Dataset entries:
+++

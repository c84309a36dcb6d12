-- ===== src/Http/Proxies/Accepted.antt =====
-- What passes the validation of internal/httpapi/handlers_proxies.go passes that of
-- internal/storage/proxies.go.
use frp_easy.Prelude.{
  ℤ, true, false, Option, none, some, List, [], ◌∷◌, String, str_eq, Text, ◌≡◌, refl, arith,
  Bool-cases, inl, inr,
}
use frp_easy.Http.Validate.{validate_proxy_name, validate_proxy_type, validate_port, InputError}
use frp_easy.Http.Proxies.{
  ProxyInput, on_field, kind_rules, port_rules, domain_rules, validate_proxy_input, new_proxy,
}
use frp_easy.Storage.Proxies.Schema.{is_port_kind, is_domain_kind}
use frp_easy.Storage.Proxies.Errors.{Driver}
use frp_easy.Storage.Proxies.{
  Proxy, DomainsCodec, validate_proxy_shape, validate_rest, out_of_range, is_some, is_empty,
  remote_out_of_range,
}

on_field-none :
    (f : String) (e : Option InputError) (next : Option (String × InputError))
    → on_field f e next ≡ none
    → (e ≡ none) × (next ≡ none)
on_field-none f (some e) next h = cc
on_field-none f none next h = (refl, h)

validate_port-none : (p : ℤ) → validate_port p ≡ none → out_of_range p ≡ false
unfolding validate_port
validate_port-none p h = ground arith

validate_proxy_name-none : (n : String) → validate_proxy_name n ≡ none → str_eq n "" ≡ false
unfolding validate_proxy_name
validate_proxy_name-none n h = ground arith

port_rules-none :
    (x : ProxyInput) (r : Option ℤ) (ds : List String)
    → port_rules x r ds ≡ none
    → (is_some r ≡ true) × (is_empty ds ≡ true) × (remote_out_of_range r ≡ false)
port_rules-none x none ds h = cc
port_rules-none x (some r) [] h =
    (refl, refl, validate_port-none r (on_field-none "remotePort" (validate_port r) none h).0)
port_rules-none x (some r) (d ∷ ds) h = cc (on_field-none "remotePort" (validate_port r) _ h).1

domain_rules-none :
    (x : ProxyInput) (r : Option ℤ) (ds : List String)
    → domain_rules x r ds ≡ none
    → (is_some r ≡ false) × (is_empty ds ≡ false) × (remote_out_of_range r ≡ false)
domain_rules-none x (some r) ds h = cc
domain_rules-none x none [] h = cc
domain_rules-none x none (d ∷ ds) h = (refl, refl, refl)

validate_proxy_type-none :
    (k : String) → validate_proxy_type k ≡ none → is_port_kind k ≡ false → is_domain_kind k ≡ true
unfolding validate_proxy_type
validate_proxy_type-none k h f = ground arith

validate_rest-none :
    (p : Proxy)
    → str_eq p.name "" ≡ false
    → out_of_range p.local_port ≡ false
    → remote_out_of_range p.remote_port ≡ false
    → validate_rest p ≡ none
validate_rest-none p a b c = rw (a, b, c)

-- The proxy that buildProxyForInsert makes of an input that passes validateProxyInput also passes
-- validateProxyShape, so UpsertProxy never refuses its form.
pub new_proxy-Shape :
    (d : Driver) (json : DomainsCodec) (trim : String → String) (low : Text → Text) (x : ProxyInput)
    → validate_proxy_input x ≡ none
    → validate_proxy_shape (new_proxy d json trim low x) ≡ none
unfolding validate_proxy_input validate_proxy_shape new_proxy kind_rules
new_proxy-Shape d json trim low x h =
    let (a, h₁) = on_field-none "name" (validate_proxy_name x.name) _ h in
    let (b, h₂) = on_field-none "type" (validate_proxy_type x.kind) _ h₁ in
    let (c, h₃) = on_field-none "localPort" (validate_port x.local_port) _ h₂ in
    let n = validate_proxy_name-none x.name a in
    let o = validate_port-none x.local_port c in
    elim (Bool-cases (is_port_kind x.kind)) [
      | inl e ↦
          let (r, s, q) = port_rules-none x x.remote_port x.custom_domains (rw e at h₃) in
          rw (e, r, s, n, o, q)
      | inr e ↦
          let f = validate_proxy_type-none x.kind b e in
          let (r, s, q) = domain_rules-none x x.remote_port x.custom_domains (rw (e, f) at h₃) in
          rw (e, f, r, s, n, o, q)
    ]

+++

§ **Requirement**:
Your answer must be a single number: the count of lines in the records above that contain "String".

§ **Task answer**:
7